This invention relates to integrated circuit packages with copper metallization and wire bond or solder bump bond interconnections.
Wire bonding has been used in integrated circuit packaging since the inception of IC technology. Wire bonding techniques and wire bonding machines have been refined to the point where wire bonds are relatively inexpensive and are highly reliable. However, wire bonds are rapidly being replaced by more advanced packaging approaches, partly because wire bonds require greater pitch than is available in many state of the art packages.
Among the common IC interconnection methods is flip-chip bonding where high pin count IC chips are flip-chip bonded to a printed wiring board or where the IC chip is flip-chip bonded to a silicon intermediate interconnect substrate, and the silicon intermediate interconnect substrate is in turn ball bonded or flip-chip bonded to a printed wiring board. In many cases these packages use recessed chip arrangements to reduce the package profile.
In these advanced packaging approaches, interconnection pitches can be very small. The earlier technology of wire bonding is being replaced for many applications where the high density of I/O""s in current IC chips presents a challenge to the capacity of wire bond techniques. However, due to the high I/O density of state of the art IC chips, packaging yield using advanced packaging techniques may suffer, and the complexity of the packaging process is increased. As a result the overall cost per bond may be relatively high. The low cost and high reliability of wire bonds makes them attractive if ways can be found to adapt wire bonding to packaging high density I/O chips.

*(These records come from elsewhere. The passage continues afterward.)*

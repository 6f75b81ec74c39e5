-- ===== src/Controller/Source/Balance.antt =====
-- The ends of the processing of a source file keep the statistics of each operator balanced.
use Prim.Native.String.{String}
use memory_mutation_testing.Base.{refl, some, List, [], ◌∷◌, ℤ, pos, Option-cases, inl, inr}
use memory_mutation_testing.Base.Text.{Bytes}
use memory_mutation_testing.Base.Double.{Double, zero_double}
use memory_mutation_testing.Gstats.Table.{Table, IsRaw}
use memory_mutation_testing.Controller.Mutants.{Mutant, FomResult}
use memory_mutation_testing.Controller.Fom.Accounts.{IsBalanced, neutral_update}
use memory_mutation_testing.Controller.Fom.Accounts.Neutral.{damage_raw-IsNeutral}
use memory_mutation_testing.Controller.Evaluate.After.{After, After-bind}
use memory_mutation_testing.Controller.Damage.{
  Damages, div_int, add_damage, mutant_damage, mutants_damage, all_damages,
  calculate_average_damage, average_of,
}

generated_mutants-IsRaw : IsRaw "generated_mutants"
generated_mutants-IsRaw = record {
  damage = refl;
  fragilty = refl;
  average = refl;
  infectiveness = refl;
  valgrind = refl;
  cfd = refl;
}

failed_injection-IsRaw : IsRaw "failed_injection"
failed_injection-IsRaw = record {
  damage = refl;
  fragilty = refl;
  average = refl;
  infectiveness = refl;
  valgrind = refl;
  cfd = refl;
}

killed_by_tests-IsRaw : IsRaw "killed_by_tests"
killed_by_tests-IsRaw = record {
  damage = refl;
  fragilty = refl;
  average = refl;
  infectiveness = refl;
  valgrind = refl;
  cfd = refl;
}

equivalent_mutants-IsRaw : IsRaw "equivalent_mutants"
equivalent_mutants-IsRaw = record {
  damage = refl;
  fragilty = refl;
  average = refl;
  infectiveness = refl;
  valgrind = refl;
  cfd = refl;
}

survived_sd-IsRaw : IsRaw "survived_SD"
survived_sd-IsRaw = record {
  damage = refl;
  fragilty = refl;
  average = refl;
  infectiveness = refl;
  valgrind = refl;
  cfd = refl;
}

survived_wd-IsRaw : IsRaw "survived_WD"
survived_wd-IsRaw = record {
  damage = refl;
  fragilty = refl;
  average = refl;
  infectiveness = refl;
  valgrind = refl;
  cfd = refl;
}

module _ (F : Double) (T : Table) (c : Bytes) where
  pub derive-IsBalanced :
      (d : T.Doc) → IsBalanced T d c (pos 0) → IsBalanced T (T.derive d) c (pos 0)
  derive-IsBalanced d h =
      rw
        (
          T.get-derive d c "generated_mutants" generated_mutants-IsRaw,
          T.get-derive d c "failed_injection" failed_injection-IsRaw,
          T.get-derive d c "killed_by_tests" killed_by_tests-IsRaw,
          T.get-derive d c "equivalent_mutants" equivalent_mutants-IsRaw,
          T.get-derive d c "survived_SD" survived_sd-IsRaw,
          T.get-derive d c "survived_WD" survived_wd-IsRaw,
        )
        h

  pub aggregate-IsBalanced :
      (d : T.Doc) (key : String) (v : ℤ)
      → IsBalanced T d c (pos 0)
      → IsBalanced T (T.update_aggregate d key v) c (pos 0)
  aggregate-IsBalanced d key v h =
      rw
        (
          T.get-update_aggregate d key v c "generated_mutants",
          T.get-update_aggregate d key v c "failed_injection",
          T.get-update_aggregate d key v c "killed_by_tests",
          T.get-update_aggregate d key v c "equivalent_mutants",
          T.get-update_aggregate d key v c "survived_SD",
          T.get-update_aggregate d key v c "survived_WD",
        )
        h

  -- The accounts in the first part of the damages.
  abbrev pub Even : Damages F T → Type 0
  Even acc = IsBalanced T acc.0 c (pos 0)

  mutant_damage-After :
      (total : ℤ) (m : Mutant F) (acc : Damages F T)
      → Even acc
      → After Even (mutant_damage F T total m acc)
  unfolding mutant_damage add_damage
  mutant_damage-After total m (d, average) h = elim (Option-cases m.valgrind_result) [
    | inl e ↦ rw (e, mutant_damage) h
    | inr (v, e) ↦ elim (Option-cases (div_int v.valgrind_error_count total)) [
      | inl zero_total ↦ rw (e, mutant_damage) (rw zero_total tt)
      | inr (q, divided) ↦
          rw (e, mutant_damage)
            (rw divided
              (neutral_update T d m.mutation_code "damage_raw" _ c (pos 0) damage_raw-IsNeutral h))
    ]
  ]

  mutants_damage-After :
      (total : ℤ) (ms : List (Mutant F)) (acc : Damages F T)
      → Even acc
      → After Even (mutants_damage F T total ms acc)
  unfolding mutants_damage
  mutants_damage-After total [] acc h = h
  mutants_damage-After total (m ∷ ms) acc h =
      After-bind Even Even (mutant_damage F T total m acc) (mutants_damage F T total ms)
        (λ acc' h'. mutants_damage-After total ms acc' h') (mutant_damage-After total m acc h)

  pub calculate_average_damage-After :
      (r : FomResult F) (d : T.Doc)
      → IsBalanced T d c (pos 0)
      → After Even (calculate_average_damage F T r d)
  unfolding calculate_average_damage all_damages
  calculate_average_damage-After r d h =
      After-bind Even Even (all_damages F T r d) (λ acc. some (average_of F T r acc)) (λ acc h'. h')
        (After-bind Even Even
          (mutants_damage F T r.total_valgrind_errors r.survived (d, zero_double F))
          (mutants_damage F T r.total_valgrind_errors r.non_trivial_foms)
          (λ acc h'. mutants_damage-After r.total_valgrind_errors r.non_trivial_foms acc h')
          (mutants_damage-After r.total_valgrind_errors r.survived (d, zero_double F) h))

Interconnection technology faces a new challenge with the introduction of copper metallization in semiconductor IC devices. Copper has long been an attractive candidate as an interconnection material because of its low cost and high conductivity. However, copper is electrochemically active, and migrates in an electrical environment. It also forms undesirable alloys with common materials used in ICs. These assumed drawbacks have limited the introduction of copper metallization in IC manufacture. However, the conductivity advantage that copper presents is so compelling in state of the art high frequency devices that copper has new impetus as a replacement for aluminum in IC chip interconnections.
With the replacement of aluminum with copper, particularly at the last interconnect level which interfaces the chip to the next board level interconnection, new considerations for interconnection arise. Whereas with aluminum chip interconnections, wire bonding was highly developed and relatively straightforward, solder bump bonding to aluminum was not. Solder bump bonding required special under bump metallization (UBM) for the aluminum pads due to the difficulty in soldering directly to aluminum. With copper replacing aluminum, the situation is somewhat reversed. In principal, from a soldering standpoint, solder bump bonds can be made directly to the top copper metallization level. However, it has been recognized that solder bump bonding directly to copper IC chip metallization does not overcome the copper migration problem. Thus, effective UBM technologies for solder bumps on copper metallization are sought. The primary function of this UBM, in contrast to the UBM used on aluminum metallization, is to form a barrier against copper migration.
In addition, the introduction of copper metallization in state of the art IC production requires new approaches to wire bonding. The straightforward solution is to form aluminum wire bonds pads directly on the top copper metallization level. But again, this approach fails to control the problem of copper migration.
Since, as indicated above, it continues to be desirable to use both wire bond interconnections and solder bump interconnections with the new technology of copper metallized IC devices, it would be useful to develop a solution to the copper migration problem that is compatible with, and effective for, both interconnect strategies.
We have developed an interconnection metallurgy that can be used effectively for both wire bonding and solder bump bonding to copper metallization. It relies on primarily on an initial Ti/Ni stack over the copper surface. For wire bonding applications, an aluminum layer is deposited on the Ni layer forming a Ti/Ni/Al stack. For solder bump bonding, a copper layer is deposited on the Ni layer forming a Ti/Ni/Cu stack. An advantageous strategy is to process all wafers with an initial Ti/Ni stack. Wafers that are to be wire bonded are processed using an aluminum target for the last sputtered layer, and wafers that are to be solder bump bonded are processed using a copper target for the last sputtered layer. For some applications, substitution of chromium for titanium as the initial layer in the stack is effective.